Gosh Rocky it ain't a soup bowl its for swiss cheese didn't you read the title. Although I never eat cheese out of a bowl. So I would use it for holey water.or just put it on the shelf cause its purty.

Reactions: Like 1 | Funny 5


----------



## JSayers (Jan 7, 2017)

lonewolf said:


> Gosh Rocky it ain't a soup bowl its for swiss cheese didn't you read the title. Although I never eat cheese out of a bowl. So I would use it for holey water.or just put it on the shelf cause its purty.



It's not for swiss cheese! It's made out of swiss cheese!

@*Bigdrowdy1 *I'll go out in the morning and take a few. Only one I had of it was when we tore out a wall and were working on the shop so it was covered with stuff.  Dad made it a few years back. His inspiration was a set of plans from a 1970's Fine Woodworking magazine, though it looks nothing like the plans and doesn't actually follow them at all. 

*@barry richardson *It's a possibility though I didn't think the EAB was that large. The only bug I've found in all this ash I've turned recently was a fairly large grub which was just a larvae for some type of beetle. The EAB larvae is long and thin I think so it wasn't that, this one was short and fat.

Reactions: Thank You! 1 | Informative 1


----------



## Jim Beam (Jan 7, 2017)

Beautiful!

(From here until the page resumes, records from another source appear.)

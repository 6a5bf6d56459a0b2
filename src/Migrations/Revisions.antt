-- ===== src/Migrations/Revisions.antt =====
-- The revisions of src/alembic/versions.
use pg_monitor.Prelude.{String, Option, none, some, true, false, List, [], ◌∷◌}
use pg_monitor.Migrations.Schema.{
  ColumnType, integer, big_integer, float, datetime_with_timezone, string, Column, Table, Index,
  Operation, create_table, create_index, drop_index, drop_table, alter_column,
}

-- `sa.Column(...)` with `nullable=False` and with `nullable=True`
abbrev pub required : String → ColumnType → Column
required name type = record { name = name; type_of = type; nullable = false }

abbrev pub nullable : String → ColumnType → Column
nullable name type = record { name = name; type_of = type; nullable = true }

-- The arguments of `op.create_index(..., unique=False)`
abbrev pub index : String → String → List String → Index
index name table columns = record {
  name = name;
  table_name = table;
  columns = columns;
  is_unique = false;
}

abbrev pub query_metric_snapshots : Table
query_metric_snapshots = record {
  name = "query_metric_snapshots";
  columns =
      required "id" integer
      ∷ required "captured_at" datetime_with_timezone
      ∷ required "db_identifier" (string (some 255))
      ∷ required "queryid" (string (some 128))
      ∷ required "dbid" integer
      ∷ required "userid" integer
      ∷ required "query" (string none)
      ∷ required "calls" integer
      ∷ required "total_exec_time_ms" float
      ∷ required "mean_exec_time_ms" float
      ∷ required "rows" integer
      ∷ required "shared_blks_hit" integer
      ∷ required "shared_blks_read" integer
      ∷ required "shared_blks_dirtied" integer
      ∷ required "shared_blks_written" integer
      ∷ [];
  primary_key = "id" ∷ [];
  unique_constraints =
      (
        "uq_query_metric_snapshot_point",
        "captured_at" ∷ "db_identifier" ∷ "queryid" ∷ "dbid" ∷ "userid" ∷ [],
      )
      ∷ [];
  foreign_keys = [];
}

abbrev pub runtime_snapshots : Table
runtime_snapshots = record {
  name = "runtime_snapshots";
  columns =
      required "id" integer
      ∷ required "captured_at" datetime_with_timezone
      ∷ required "db_identifier" (string (some 255))
      ∷ required "active_connections" big_integer
      ∷ required "blocked_sessions" big_integer
      ∷ nullable "longest_tx_duration_s" float
      ∷ required "waiting_locks" big_integer
      ∷ required "granted_locks" big_integer
      ∷ [];
  primary_key = "id" ∷ [];
  unique_constraints = [];
  foreign_keys = [];
}

abbrev pub runtime_database_snapshots : Table
runtime_database_snapshots = record {
  name = "runtime_database_snapshots";
  columns =
      required "id" integer
      ∷ required "runtime_snapshot_id" integer
      ∷ required "datid" big_integer
      ∷ required "datname" (string (some 255))
      ∷ required "numbackends" big_integer
      ∷ required "xact_commit" big_integer
      ∷ required "xact_rollback" big_integer
      ∷ required "blks_read" big_integer
      ∷ required "blks_hit" big_integer
      ∷ required "deadlocks" big_integer
      ∷ [];
  primary_key = "id" ∷ [];
  unique_constraints = [];
  foreign_keys =
      record {
        columns = "runtime_snapshot_id" ∷ [];
        referred_table = "runtime_snapshots";
        referred_columns = "id" ∷ [];
        on_delete = "CASCADE";
      }
      ∷ [];
}

abbrev pub runtime_current : Table
runtime_current = record {
  name = "runtime_current";
  columns =
      required "db_identifier" (string (some 255))
      ∷ required "captured_at" datetime_with_timezone
      ∷ required "active_connections" big_integer
      ∷ required "blocked_sessions" big_integer
      ∷ nullable "longest_tx_duration_s" float
      ∷ required "waiting_locks" big_integer
      ∷ required "granted_locks" big_integer
      ∷ [];
  primary_key = "db_identifier" ∷ [];
  unique_constraints = [];
  foreign_keys = [];
}

abbrev pub runtime_database_current : Table
runtime_database_current = record {
  name = "runtime_database_current";
  columns =
      required "id" integer
      ∷ required "db_identifier" (string (some 255))
      ∷ required "captured_at" datetime_with_timezone
      ∷ required "datid" big_integer
      ∷ required "datname" (string (some 255))
      ∷ required "numbackends" big_integer
      ∷ required "xact_commit" big_integer
      ∷ required "xact_rollback" big_integer
      ∷ required "blks_read" big_integer
      ∷ required "blks_hit" big_integer
      ∷ required "deadlocks" big_integer
      ∷ [];
  primary_key = "id" ∷ [];
  unique_constraints =
      ("uq_runtime_database_current_db_identifier_datname", "db_identifier" ∷ "datname" ∷ []) ∷ [];
  foreign_keys = [];
}

abbrev pub upgrade_of_create_query_metric_snapshots : List Operation
upgrade_of_create_query_metric_snapshots =
    create_table query_metric_snapshots
    ∷ create_index (
        index "ix_query_metric_snapshots_db_identifier_captured_at" "query_metric_snapshots"
          ("db_identifier" ∷ "captured_at" ∷ []))
    ∷ create_index (
        index "ix_query_metric_snapshots_queryid_captured_at" "query_metric_snapshots"
          ("queryid" ∷ "captured_at" ∷ []))
    ∷ []

abbrev pub upgrade_of_add_runtime_storage_tables : List Operation
upgrade_of_add_runtime_storage_tables =
    create_table runtime_snapshots
    ∷ create_index (
        index "ix_runtime_snapshots_db_identifier_captured_at" "runtime_snapshots"
          ("db_identifier" ∷ "captured_at" ∷ []))
    ∷ create_table runtime_database_snapshots
    ∷ create_index (
        index "ix_runtime_database_snapshots_runtime_snapshot_id_datname"
          "runtime_database_snapshots" ("runtime_snapshot_id" ∷ "datname" ∷ []))
    ∷ create_table runtime_current
    ∷ create_table runtime_database_current
    ∷ create_index (
        index "ix_runtime_database_current_db_identifier" "runtime_database_current"
          ("db_identifier" ∷ []))
    ∷ []

abbrev pub upgrade_of_upgrade_query_metric_counters_to_bigint : List Operation
upgrade_of_upgrade_query_metric_counters_to_bigint =
    alter_column "query_metric_snapshots" "calls" integer big_integer
    ∷ alter_column "query_metric_snapshots" "rows" integer big_integer
    ∷ alter_column "query_metric_snapshots" "shared_blks_hit" integer big_integer
    ∷ alter_column "query_metric_snapshots" "shared_blks_read" integer big_integer
    ∷ alter_column "query_metric_snapshots" "shared_blks_dirtied" integer big_integer
    ∷ alter_column "query_metric_snapshots" "shared_blks_written" integer big_integer
    ∷ []

abbrev pub downgrade_of_create_query_metric_snapshots : List Operation
downgrade_of_create_query_metric_snapshots =
    drop_index "ix_query_metric_snapshots_queryid_captured_at" "query_metric_snapshots"
    ∷ drop_index "ix_query_metric_snapshots_db_identifier_captured_at" "query_metric_snapshots"
    ∷ drop_table "query_metric_snapshots"
    ∷ []

abbrev pub downgrade_of_add_runtime_storage_tables : List Operation
downgrade_of_add_runtime_storage_tables =
    drop_index "ix_runtime_database_current_db_identifier" "runtime_database_current"
    ∷ drop_table "runtime_database_current"
    ∷ drop_table "runtime_current"
    ∷ drop_index "ix_runtime_database_snapshots_runtime_snapshot_id_datname"
        "runtime_database_snapshots"
    ∷ drop_table "runtime_database_snapshots"
    ∷ drop_index "ix_runtime_snapshots_db_identifier_captured_at" "runtime_snapshots"
    ∷ drop_table "runtime_snapshots"
    ∷ []

abbrev pub downgrade_of_upgrade_query_metric_counters_to_bigint : List Operation
downgrade_of_upgrade_query_metric_counters_to_bigint =
    alter_column "query_metric_snapshots" "shared_blks_written" big_integer integer
    ∷ alter_column "query_metric_snapshots" "shared_blks_dirtied" big_integer integer
    ∷ alter_column "query_metric_snapshots" "shared_blks_read" big_integer integer
    ∷ alter_column "query_metric_snapshots" "shared_blks_hit" big_integer integer
    ∷ alter_column "query_metric_snapshots" "rows" big_integer integer
    ∷ alter_column "query_metric_snapshots" "calls" big_integer integer
    ∷ []

pub data Revision : Type 0 where
  create_query_metric_snapshots add_runtime_storage_tables : Revision
  upgrade_query_metric_counters_to_bigint : Revision

-- `down_revision`
unfoldable pub down_revision : Revision → Option Revision
down_revision create_query_metric_snapshots = none
down_revision add_runtime_storage_tables = some create_query_metric_snapshots
down_revision upgrade_query_metric_counters_to_bigint = some add_runtime_storage_tables

unfoldable pub upgrade : Revision → List Operation
upgrade create_query_metric_snapshots = upgrade_of_create_query_metric_snapshots
upgrade add_runtime_storage_tables = upgrade_of_add_runtime_storage_tables
upgrade upgrade_query_metric_counters_to_bigint = upgrade_of_upgrade_query_metric_counters_to_bigint

unfoldable pub downgrade : Revision → List Operation
downgrade create_query_metric_snapshots = downgrade_of_create_query_metric_snapshots
downgrade add_runtime_storage_tables = downgrade_of_add_runtime_storage_tables
downgrade upgrade_query_metric_counters_to_bigint =
    downgrade_of_upgrade_query_metric_counters_to_bigint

Size? Finish?


----------



## JSayers (Jan 8, 2017)

@*Jim Beam *roughly 8" wide by 5 1/2" tall. Couple coats of BLO then a couple coats of shellac to seal it up. Debating doing a light coat of poly to give it a nice sheen.

@*Bigdrowdy1*

Reactions: Like 1 | Way Cool 13


----------



## David Hill (Jan 9, 2017)

Cool bowl!
If you don't mind suggestion--turn a base from a contrasting wood that your bowl fits into---that way no headache from flipping and turning off bottom.

Reactions: Like 1 | Thank You! 1


----------



## ClintW (Jan 15, 2017)

Really cool bowl! I bet sanding that was fun!

That lathe is quite interesting also, does it have a tailstock? Is the shaft the chuck screws on just threaded? Or do is it a tube with a Morse taper on the inside? Very neat though!

Reactions: Thank You! 1


----------



## JSayers (Jan 15, 2017)

@*ClintW*

No tailstock and no MT, just threaded. We're getting ready to start building a new lathe that is probably double the size of this one and it'll have a MT and a tailstock.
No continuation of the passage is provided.